Die Energiewende sollte dieser Abhängigkeit eigentlich ein Ende setzen, Österreich politisch weniger erpressbar machen, unsere Wirtschaft resilienter. Doch strategische Rohstoffe, die dafür notwendig sind, kommen zum überwiegenden Teil aus China, eine wirtschaftliche Vormachtstellung, die der globale Player bewusst herbeigeführt hat.
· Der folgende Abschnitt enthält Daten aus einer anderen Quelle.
-- ===== src/Ipc/Mailbox.antt =====
-- The queues of senders of src/core/ipc.c as mailboxes of messages.
pub mod Frame
pub mod Send
pub mod Receive
use fat.Prelude.{
  ℕ, ◌≡◌, Bool, true, false, List, [], ◌∷◌, map, if◌then◌else◌, ◌==◌, arith, refl, ap,
}
use fat.Sched.{State, sending, Message, Proc, Kernel}
use fat.Sched.Queue.{has}

-- The messages that wait for `d`, oldest first.
abbrev pub mailbox : ℕ → Kernel → List Message
mailbox d k = map (λ q. (k.procs q).msg) (k.procs d).wait_proc

abbrev pub Distinct : List ℕ → Type 0
Distinct [] = Unit {0}
Distinct (q ∷ l) = (has q l ≡ false) × Distinct l

-- Who is on the queue of `d` is blocked in a send to `d`, and is there once.
pub record IsLinked (k : Kernel) : Type 0 where
  pub linked :
      (d q : ℕ)
      → has q (k.procs d).wait_proc ≡ true
      → ((k.procs q).state ≡ sending) × ((k.procs q).wait ≡ d)
  pub once : (d : ℕ) → Distinct (k.procs d).wait_proc
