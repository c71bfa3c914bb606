-- ===== src/Sched/Pick.antt =====
-- `schedule` of src/core/sched.c: who runs next.
use fat.Prelude.{
  ℕ, ◌≡◌, ◌≢◌, arith, true, false, Option, none, some, List, [], ◌∷◌, ◌++◌, Perm, Bool-cases, inl,
  inr, ◌⊎◌, subst, sym, ap, refl,
}
use fat.Sched.{
  State, runnable, running, Proc, Kernel, remove, is_runnable, first_runnable, put_prev, switch_to,
  schedule,
}
use fat.Sched.Queue.{has, rotate-perm}

-- No process of the list can run.
abbrev NoneRunnable : (ℕ → Proc) → List ℕ → Type 0
NoneRunnable procs [] = Unit {0}
NoneRunnable procs (p ∷ l) = ((procs p).state ≢ runnable) × NoneRunnable procs l

-- What `first_runnable` finds: the first runnable process, if there is one.
abbrev pub Finds : (ℕ → Proc) → List ℕ → Option ℕ → Type 0
Finds procs l none = NoneRunnable procs l
Finds procs l (some p) =
    (xs : List ℕ) × (ys : List ℕ) × (l ≡ xs ++ p ∷ ys)
    × NoneRunnable procs xs
    × ((procs p).state ≡ runnable)

is_runnable_iff : (s : State) → is_runnable s ≡ false → s ≢ runnable
unfolding is_runnable
is_runnable_iff s h e = ground arith

is_runnable-eq : (s : State) → is_runnable s ≡ true → s ≡ runnable
unfolding is_runnable
is_runnable-eq s h = ground arith

pub first_runnable-Finds : (procs : ℕ → Proc) (l : List ℕ) → Finds procs l (first_runnable procs l)
unfolding first_runnable
first_runnable-Finds procs [] = tt
first_runnable-Finds procs (p ∷ l) = elim (Bool-cases (is_runnable (procs p).state)) [
  | inl e ↦ rw e ([], l, refl, tt, is_runnable-eq _ e)
  | inr e ↦ rw e (extend _ (first_runnable-Finds procs l) (is_runnable_iff _ e))
]
  where
    extend : (r : Option ℕ) → Finds procs l r → (procs p).state ≢ runnable → Finds procs (p ∷ l) r
    extend none f h = (h, f)
    extend (some q) (xs, ys, e, n, s) h = (p ∷ xs, ys, ap (λ l. p ∷ l) e, (h, n), s)

-- At most the current process is in the state RUNNING.
abbrev IsAlone : Kernel → Type 0
IsAlone k = (p : ℕ) → (k.procs p).state ≡ running → p ≡ k.current

put_prev-state : (k : Kernel) → IsAlone k → (p : ℕ) → ((put_prev k).procs p).state ≢ running
unfolding put_prev
put_prev-state k a p e = ground (arith, a p)

pub queue_moves :
    (k : Kernel)
    → (k.procs k.current).is_idle ≡ false
    → (put_prev k).proc_head ≡ remove k.current k.proc_head ++ k.current ∷ []
unfolding put_prev
queue_moves k h = ground arith

queue_stays :
    (k : Kernel) → (k.procs k.current).is_idle ≡ true → (put_prev k).proc_head ≡ k.proc_head
unfolding put_prev
queue_stays k h = ground arith

-- `k'` has the process that `schedule` chose from the queue with `prev` at its end, or the idle one.
abbrev Chosen : ℕ → Kernel → Kernel → Type 0
Chosen idle k k' =
    ((p : ℕ) × Finds (put_prev k).procs k'.proc_head (some p)
      × (k'.current ≡ p)
      × ((k'.procs p).state ≡ running))
    ⊎ (NoneRunnable (put_prev k).procs k'.proc_head × (k'.current ≡ idle))

pub record Scheduled (idle : ℕ) (k k' : Kernel) : Type 0 where
  pub alone : IsAlone k'
  pub chosen : Chosen idle k k'
  pub turn : (k'.procs k'.current).counter ≡ 1
  pub queue :
      (k.procs k.current).is_idle ≡ false
      → k'.proc_head ≡ remove k.current k.proc_head ++ k.current ∷ []
  pub kept :
      (k.procs k.current).is_idle ≡ false
      → has k.current k.proc_head ≡ true
      → Perm k'.proc_head k.proc_head
  pub idle_queue : (k.procs k.current).is_idle ≡ true → k'.proc_head ≡ k.proc_head

switch_to-Scheduled :
    (idle : ℕ) (k : Kernel)
    → IsAlone k
    → (r : Option ℕ) → Finds (put_prev k).procs (put_prev k).proc_head r
    → Scheduled idle k (switch_to idle r (put_prev k))
unfolding switch_to
switch_to-Scheduled idle k a none f = record {
  alone = λ p e. absurd (put_prev-state k a p (ground arith));
  chosen = inr (f, refl);
  turn = ground arith;
  queue = queue_moves k;
  kept = λ i h.
      subst (λ l. Perm l k.proc_head) (sym (queue_moves k i)) (rotate-perm k.current k.proc_head h);
  idle_queue = queue_stays k;
}
switch_to-Scheduled idle k a (some p) f = record {
  alone = λ q e. ground (arith, put_prev-state k a q);
  chosen = inl (p, f, refl, ground arith);
  turn = ground arith;
  queue = queue_moves k;
  kept = λ i h.
      subst (λ l. Perm l k.proc_head) (sym (queue_moves k i)) (rotate-perm k.current k.proc_head h);
  idle_queue = queue_stays k;
}

-- If at most the current process was RUNNING, this holds after `schedule` for the new one. A real
-- process that is preempted goes to the end of the queue, which keeps its processes; the idle one
-- leaves the queue as it is. The CPU goes to the first runnable process of that queue, or, if there
-- is none, to the idle one, with a counter of 1.
pub schedule-Scheduled : (idle : ℕ) (k : Kernel) → IsAlone k → Scheduled idle k (schedule idle k)
unfolding schedule
schedule-Scheduled idle k a =
    let k' = put_prev k in
    switch_to-Scheduled idle k a _ (first_runnable-Finds k'.procs k'.proc_head)
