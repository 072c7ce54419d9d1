-- ===== src/Inventory/Service/Reservation.antt =====
-- Reserve, Release and Commit of the part service, as transactions on the table
-- (inventory/internal/service/application/part/{reserve,release,commit}.go).
use rocket_factory.Prelude.{
  ℕ, String, ◌≡◌, refl, sym, ◌∙◌, subst, true, Option, List, map, All, All-map, All-map₂, map-cong,
  if◌then◌else◌, Result, ok, TxManager, run_cases, run-eq-ok, Bool-cases, inl, inr,
}
use rocket_factory.Prelude.Int.{pos, ◌<ℤ◌, ◌+ℤ◌, ◌-ℤ◌}
use rocket_factory.Prelude.Counting.{is_distinct}
use rocket_factory.Prelude.Action.{Action}
use rocket_factory.Inventory.Errors.{Error}
use rocket_factory.Inventory.Part.{Part}
use rocket_factory.Inventory.Part.Stock.{
  IsStocked, reserve-IsStocked, release-IsStocked, commit-IsStocked,
}
use rocket_factory.Inventory.Record.{PartRecord, PartPropertiesRecord}
use rocket_factory.Inventory.Record.Restore.{IsRestored}
use rocket_factory.Inventory.Repository.{Table, Postgres}
use rocket_factory.Inventory.Repository.Batch.{Changes}
use rocket_factory.Inventory.Service.{change_body, reserve, release, commit}
use rocket_factory.Inventory.Service.Changed.{touches, change_body-eq-ok}
use rocket_factory.Inventory.Service.Rows.{
  reserve-Changes, release-Changes, commit-Changes, reserve_exact, release_exact, commit_exact,
  IsStockedRow, IsStockedTable, changed-IsStockedTable,
}

-- Whatever a call returns, the table that it leaves is stocked if it was.
abbrev pub KeepsStock : {X : Type 0} → Action Error (Table × X) (Unit {0}) → Type 0
KeepsStock {X} m =
    (r : Result Error (Unit {0})) (t t' : Table) (x x' : X)
    → IsStockedTable t
    → m (t, x) ≡ (r, (t', x'))
    → IsStockedTable t'

-- The rows after a call without error, where `row` is what it did to each touched row and `Had`
-- what the row must have had; the request names no row twice.
abbrev pub Changed :
    List ℕ → (PartRecord → PartRecord) → (PartRecord → Type 0) → Table → Table → Type 0
Changed us row Had t t' =
    (is_distinct us ≡ true)
    × (t' ≡ map (λ r. if touches us r.uuid then row r else r) t)
    × (All (λ r. touches us r.uuid ≡ true → Had r) t)

module _ (unmarshal : String → Option PartPropertiesRecord) (db : Postgres) {X : Type 0}
    (tx : TxManager Error Table X) (us : List ℕ) where
  transaction-KeepsStock :
      {op : Part → Result Error Part} {row_op : PartRecord → PartRecord}
      → Changes op row_op
      → ((p q : Part) → IsStocked p → op p ≡ ok q → IsStocked q)
      → ((r : PartRecord) → (row_op r).uuid ≡ r.uuid)
      → KeepsStock (tx.run (change_body unmarshal db op us))
  transaction-KeepsStock {op} c keeps same_id r t t' x x' stocked h =
      elim (run_cases tx (change_body unmarshal db op us) t x r t' x' h) [
        | inl (fine, done) ↦
            changed-IsStockedTable c keeps unmarshal db us t t' x x' same_id stocked done
        | inr (bad, unchanged) ↦ subst IsStockedTable (sym unchanged) stocked
      ]

  -- After every call of Reserve, Release or Commit, whether it succeeds or fails, and also when
  -- the database fails in it, identifiers are still unique and every part of the table has
  -- 0 ≤ reserved ≤ stock, if that held before.
  pub stock_invariant :
      KeepsStock (reserve unmarshal db tx us)
      × KeepsStock (release unmarshal db tx us)
      × KeepsStock (commit unmarshal db tx us)
  unfolding reserve release commit
  stock_invariant = (
    transaction-KeepsStock reserve-Changes (λ p q. reserve-IsStocked) (λ r. refl),
    transaction-KeepsStock release-Changes (λ p q. release-IsStocked) (λ r. refl),
    transaction-KeepsStock commit-Changes (λ p q. commit-IsStocked) (λ r. refl),
  )

  transaction-Changed :
      {op : Part → Result Error Part} {row_op : PartRecord → PartRecord}
      (row : PartRecord → PartRecord) (Had : PartRecord → Type 0)
      → Changes op row_op
      → ((r : PartRecord) (p q : Part)
          → IsStockedRow r
          → IsRestored r p
          → op p ≡ ok q
          → Had r × (row_op r ≡ row r))
      → (t t' : Table) (x x' : X) → IsStockedTable t
      → tx.run (change_body unmarshal db op us) (t, x) ≡ (ok tt, (t', x'))
      → Changed us row Had t t'
  transaction-Changed {op} {row_op} row Had c exact t t' x x' stocked h =
      let done = run-eq-ok tx (change_body unmarshal db op us) t x t' x' h in
      let (once, moved, called, rest) =
        change_body-eq-ok unmarshal db c us t t' x x' stocked.keys done in
      let facts =
        All-map₂ {R = λ r. touches us r.uuid ≡ true → Had r × (row_op r ≡ row r)}
          (λ r s call inside.
            let (p, q, restored, went) = call inside in exact r p q s restored went)
          t stocked.rows called in
      (
        once,
        moved
            ∙ map-cong
                (λ r fact. elim (Bool-cases (touches us r.uuid)) [
                  | inl e ↦ rw e (fact e).1
                  | inr e ↦ rw e
                ])
                t facts,
        All-map (λ r fact inside. (fact inside).0) t facts,
      )

  -- On a stocked table, a reservation without error has found a free unit at every touched row,
  -- and its only effect on the table is one more reserved unit at each of those rows. They are the
  -- rows of the request's identifiers, none of which is repeated, and every row if the request is
  -- empty.
  pub reserve_effect :
      (t t' : Table) (x x' : X)
      → IsStockedTable t
      → reserve unmarshal db tx us (t, x) ≡ (ok tt, (t', x'))
      → Changed us
          (λ r. record r { reserved = r.reserved +ℤ pos 1 })
          (λ r. r.reserved <ℤ r.stock_quantity)
          t
          t'
  unfolding reserve
  reserve_effect = transaction-Changed _ _ reserve-Changes reserve_exact

  -- On a stocked table, a release without error has found a reserved unit at every touched row,
  -- and has put back one at each of them and changed nothing else in the table.
  pub release_effect :
      (t t' : Table) (x x' : X)
      → IsStockedTable t
      → release unmarshal db tx us (t, x) ≡ (ok tt, (t', x'))
      → Changed us
          (λ r. record r { reserved = r.reserved -ℤ pos 1 })
          (λ r. pos 0 <ℤ r.reserved)
          t
          t'
  unfolding release
  release_effect = transaction-Changed _ _ release-Changes release_exact

  -- On a stocked table, a commit without error has found a reserved unit at every touched row, and
  -- has taken one from both counters at each of them and changed nothing else in the table.
  pub commit_effect :
      (t t' : Table) (x x' : X)
      → IsStockedTable t
      → commit unmarshal db tx us (t, x) ≡ (ok tt, (t', x'))
      → Changed us
          (λ r. record r {
            reserved = r.reserved -ℤ pos 1;
            stock_quantity = r.stock_quantity -ℤ pos 1;
          })
          (λ r. pos 0 <ℤ r.reserved)
          t
          t'
  unfolding commit
  commit_effect = transaction-Changed _ _ commit-Changes commit_exact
„Wir hängen am Tropf von China“, gibt der Komplexitätsforscher Peter Klimek in dieser Folge von „Was wichtig ist“ Einblick in die Lieferketten Österreichs. Er ist Direktor des Supply Chain Intelligence Institute Austria, das in einer aktuellen Analyse gemeinsam mit dem Kontext Institut zeigt, wie sehr unsere Rohstoffversorgung unter Druck steht, und welche Lösungen es dafür gibt.
Klimek erklärt, warum Rohstoffabbau in Europa alleine noch keine Lösung ist, wieso Wettbewerbsvorteile trotz technologischem Know-How nur schwer aufzubauen sind, und wie es trotzdem gelingen kann, den strategischen Player Chinas wieder einzuholen.